Your reply should be the complete data, reproduced exactly.

- **SOURCE RECORDS**:
=====

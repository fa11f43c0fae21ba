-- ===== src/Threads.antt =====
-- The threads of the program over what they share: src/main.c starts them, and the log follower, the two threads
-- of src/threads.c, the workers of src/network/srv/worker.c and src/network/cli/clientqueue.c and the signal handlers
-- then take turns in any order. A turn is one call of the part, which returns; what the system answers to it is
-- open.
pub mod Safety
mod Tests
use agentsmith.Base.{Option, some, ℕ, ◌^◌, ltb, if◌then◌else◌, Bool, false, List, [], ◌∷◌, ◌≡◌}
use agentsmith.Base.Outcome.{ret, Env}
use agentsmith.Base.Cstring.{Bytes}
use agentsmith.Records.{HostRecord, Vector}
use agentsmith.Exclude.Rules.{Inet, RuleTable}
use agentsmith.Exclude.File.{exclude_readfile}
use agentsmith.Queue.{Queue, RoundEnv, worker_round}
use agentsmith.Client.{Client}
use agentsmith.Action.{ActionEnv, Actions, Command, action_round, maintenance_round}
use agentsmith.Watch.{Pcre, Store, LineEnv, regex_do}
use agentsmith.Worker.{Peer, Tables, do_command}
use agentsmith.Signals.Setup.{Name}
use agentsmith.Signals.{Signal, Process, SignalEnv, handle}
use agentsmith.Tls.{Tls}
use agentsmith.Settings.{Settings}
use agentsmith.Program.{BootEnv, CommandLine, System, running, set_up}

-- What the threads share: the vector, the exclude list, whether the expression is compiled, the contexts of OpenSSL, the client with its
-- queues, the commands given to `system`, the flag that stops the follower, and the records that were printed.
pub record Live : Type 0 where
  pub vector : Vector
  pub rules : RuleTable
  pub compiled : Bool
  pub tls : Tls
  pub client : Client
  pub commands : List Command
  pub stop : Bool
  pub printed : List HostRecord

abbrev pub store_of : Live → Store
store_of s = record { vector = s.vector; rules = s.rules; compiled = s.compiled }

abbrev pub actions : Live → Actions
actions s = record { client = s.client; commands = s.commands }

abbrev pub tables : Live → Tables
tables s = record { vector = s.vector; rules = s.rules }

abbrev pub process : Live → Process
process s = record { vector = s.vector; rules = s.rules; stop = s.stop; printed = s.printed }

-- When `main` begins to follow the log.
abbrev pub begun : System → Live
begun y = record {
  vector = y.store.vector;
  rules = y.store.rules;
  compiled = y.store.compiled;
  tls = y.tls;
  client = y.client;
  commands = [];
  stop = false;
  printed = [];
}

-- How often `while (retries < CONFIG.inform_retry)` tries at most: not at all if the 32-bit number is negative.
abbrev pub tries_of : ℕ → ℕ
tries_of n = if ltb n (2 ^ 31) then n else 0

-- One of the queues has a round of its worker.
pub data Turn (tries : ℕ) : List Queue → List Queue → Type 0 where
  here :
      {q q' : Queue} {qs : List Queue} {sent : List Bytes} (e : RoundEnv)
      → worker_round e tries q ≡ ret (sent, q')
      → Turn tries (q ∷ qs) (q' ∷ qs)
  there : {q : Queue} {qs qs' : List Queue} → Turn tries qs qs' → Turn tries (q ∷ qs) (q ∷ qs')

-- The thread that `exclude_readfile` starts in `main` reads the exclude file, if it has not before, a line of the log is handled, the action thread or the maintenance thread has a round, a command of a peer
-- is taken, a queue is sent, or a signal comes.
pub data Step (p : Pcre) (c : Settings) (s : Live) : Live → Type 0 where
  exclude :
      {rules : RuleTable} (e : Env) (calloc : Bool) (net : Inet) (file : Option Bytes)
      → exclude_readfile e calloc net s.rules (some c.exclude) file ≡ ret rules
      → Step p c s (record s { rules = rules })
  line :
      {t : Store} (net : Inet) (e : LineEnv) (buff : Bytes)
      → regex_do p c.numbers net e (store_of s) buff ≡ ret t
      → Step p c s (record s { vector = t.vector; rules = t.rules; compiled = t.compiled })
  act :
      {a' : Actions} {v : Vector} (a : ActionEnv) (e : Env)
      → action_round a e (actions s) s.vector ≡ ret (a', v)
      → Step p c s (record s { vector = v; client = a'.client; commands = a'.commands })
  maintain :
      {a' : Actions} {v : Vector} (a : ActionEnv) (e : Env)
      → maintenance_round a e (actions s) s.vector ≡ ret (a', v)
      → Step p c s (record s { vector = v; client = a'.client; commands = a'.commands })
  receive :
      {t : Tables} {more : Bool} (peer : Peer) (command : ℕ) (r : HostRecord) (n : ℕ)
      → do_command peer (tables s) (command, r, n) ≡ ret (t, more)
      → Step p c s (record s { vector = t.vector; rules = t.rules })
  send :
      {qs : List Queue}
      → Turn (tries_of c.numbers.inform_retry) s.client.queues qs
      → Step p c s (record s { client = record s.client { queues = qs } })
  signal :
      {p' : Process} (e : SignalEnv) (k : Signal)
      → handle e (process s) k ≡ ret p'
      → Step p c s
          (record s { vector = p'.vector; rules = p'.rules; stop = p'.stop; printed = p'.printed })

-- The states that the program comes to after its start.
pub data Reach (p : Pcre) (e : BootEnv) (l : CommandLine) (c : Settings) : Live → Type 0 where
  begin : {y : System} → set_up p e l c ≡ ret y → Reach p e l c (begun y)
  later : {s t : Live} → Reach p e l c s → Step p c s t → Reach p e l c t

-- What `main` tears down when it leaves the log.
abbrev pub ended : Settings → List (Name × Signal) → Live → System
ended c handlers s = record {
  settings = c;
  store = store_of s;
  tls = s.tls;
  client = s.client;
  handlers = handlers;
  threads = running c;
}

=====

- **SOLUTION TO THE EXERCISE**:
repository fa11f43c0fae21ba
-- ===== src/Threads.antt =====
-- The threads of the program over what they share: src/main.c starts them, and the log follower, the two threads
-- of src/threads.c, the workers of src/network/srv/worker.c and src/network/cli/clientqueue.c and the signal handlers
-- then take turns in any order. A turn is one call of the part, which returns; what the system answers to it is
-- open.
pub mod Safety
mod Tests
use agentsmith.Base.{Option, some, ℕ, ◌^◌, ltb, if◌then◌else◌, Bool, false, List, [], ◌∷◌, ◌≡◌}
use agentsmith.Base.Outcome.{ret, Env}
use agentsmith.Base.Cstring.{Bytes}
use agentsmith.Records.{HostRecord, Vector}
use agentsmith.Exclude.Rules.{Inet, RuleTable}
use agentsmith.Exclude.File.{exclude_readfile}
use agentsmith.Queue.{Queue, RoundEnv, worker_round}
use agentsmith.Client.{Client}
use agentsmith.Action.{ActionEnv, Actions, Command, action_round, maintenance_round}
use agentsmith.Watch.{Pcre, Store, LineEnv, regex_do}
use agentsmith.Worker.{Peer, Tables, do_command}
use agentsmith.Signals.Setup.{Name}
use agentsmith.Signals.{Signal, Process, SignalEnv, handle}
use agentsmith.Tls.{Tls}
use agentsmith.Settings.{Settings}
use agentsmith.Program.{BootEnv, CommandLine, System, running, set_up}

-- What the threads share: the vector, the exclude list, whether the expression is compiled, the contexts of OpenSSL, the client with its
-- queues, the commands given to `system`, the flag that stops the follower, and the records that were printed.
pub record Live : Type 0 where
  pub vector : Vector
  pub rules : RuleTable
  pub compiled : Bool
  pub tls : Tls
  pub client : Client
  pub commands : List Command
  pub stop : Bool
  pub printed : List HostRecord

abbrev pub store_of : Live → Store
store_of s = record { vector = s.vector; rules = s.rules; compiled = s.compiled }

abbrev pub actions : Live → Actions
actions s = record { client = s.client; commands = s.commands }

abbrev pub tables : Live → Tables
tables s = record { vector = s.vector; rules = s.rules }

abbrev pub process : Live → Process
process s = record { vector = s.vector; rules = s.rules; stop = s.stop; printed = s.printed }

-- When `main` begins to follow the log.
abbrev pub begun : System → Live
begun y = record {
  vector = y.store.vector;
  rules = y.store.rules;
  compiled = y.store.compiled;
  tls = y.tls;
  client = y.client;
  commands = [];
  stop = false;
  printed = [];
}

-- How often `while (retries < CONFIG.inform_retry)` tries at most: not at all if the 32-bit number is negative.
abbrev pub tries_of : ℕ → ℕ
tries_of n = if ltb n (2 ^ 31) then n else 0

-- One of the queues has a round of its worker.
pub data Turn (tries : ℕ) : List Queue → List Queue → Type 0 where
  here :
      {q q' : Queue} {qs : List Queue} {sent : List Bytes} (e : RoundEnv)
      → worker_round e tries q ≡ ret (sent, q')
      → Turn tries (q ∷ qs) (q' ∷ qs)
  there : {q : Queue} {qs qs' : List Queue} → Turn tries qs qs' → Turn tries (q ∷ qs) (q ∷ qs')

-- The thread that `exclude_readfile` starts in `main` reads the exclude file, if it has not before, a line of the log is handled, the action thread or the maintenance thread has a round, a command of a peer
-- is taken, a queue is sent, or a signal comes.
pub data Step (p : Pcre) (c : Settings) (s : Live) : Live → Type 0 where
  exclude :
      {rules : RuleTable} (e : Env) (calloc : Bool) (net : Inet) (file : Option Bytes)
      → exclude_readfile e calloc net s.rules (some c.exclude) file ≡ ret rules
      → Step p c s (record s { rules = rules })
  line :
      {t : Store} (net : Inet) (e : LineEnv) (buff : Bytes)
      → regex_do p c.numbers net e (store_of s) buff ≡ ret t
      → Step p c s (record s { vector = t.vector; rules = t.rules; compiled = t.compiled })
  act :
      {a' : Actions} {v : Vector} (a : ActionEnv) (e : Env)
      → action_round a e (actions s) s.vector ≡ ret (a', v)
      → Step p c s (record s { vector = v; client = a'.client; commands = a'.commands })
  maintain :
      {a' : Actions} {v : Vector} (a : ActionEnv) (e : Env)
      → maintenance_round a e (actions s) s.vector ≡ ret (a', v)
      → Step p c s (record s { vector = v; client = a'.client; commands = a'.commands })
  receive :
      {t : Tables} {more : Bool} (peer : Peer) (command : ℕ) (r : HostRecord) (n : ℕ)
      → do_command peer (tables s) (command, r, n) ≡ ret (t, more)
      → Step p c s (record s { vector = t.vector; rules = t.rules })
  send :
      {qs : List Queue}
      → Turn (tries_of c.numbers.inform_retry) s.client.queues qs
      → Step p c s (record s { client = record s.client { queues = qs } })
  signal :
      {p' : Process} (e : SignalEnv) (k : Signal)
      → handle e (process s) k ≡ ret p'
      → Step p c s
          (record s { vector = p'.vector; rules = p'.rules; stop = p'.stop; printed = p'.printed })

-- The states that the program comes to after its start.
pub data Reach (p : Pcre) (e : BootEnv) (l : CommandLine) (c : Settings) : Live → Type 0 where
  begin : {y : System} → set_up p e l c ≡ ret y → Reach p e l c (begun y)
  later : {s t : Live} → Reach p e l c s → Step p c s t → Reach p e l c t

-- What `main` tears down when it leaves the log.
abbrev pub ended : Settings → List (Name × Signal) → Live → System
ended c handlers s = record {
  settings = c;
  store = store_of s;
  tls = s.tls;
  client = s.client;
  handlers = handlers;
  threads = running c;
}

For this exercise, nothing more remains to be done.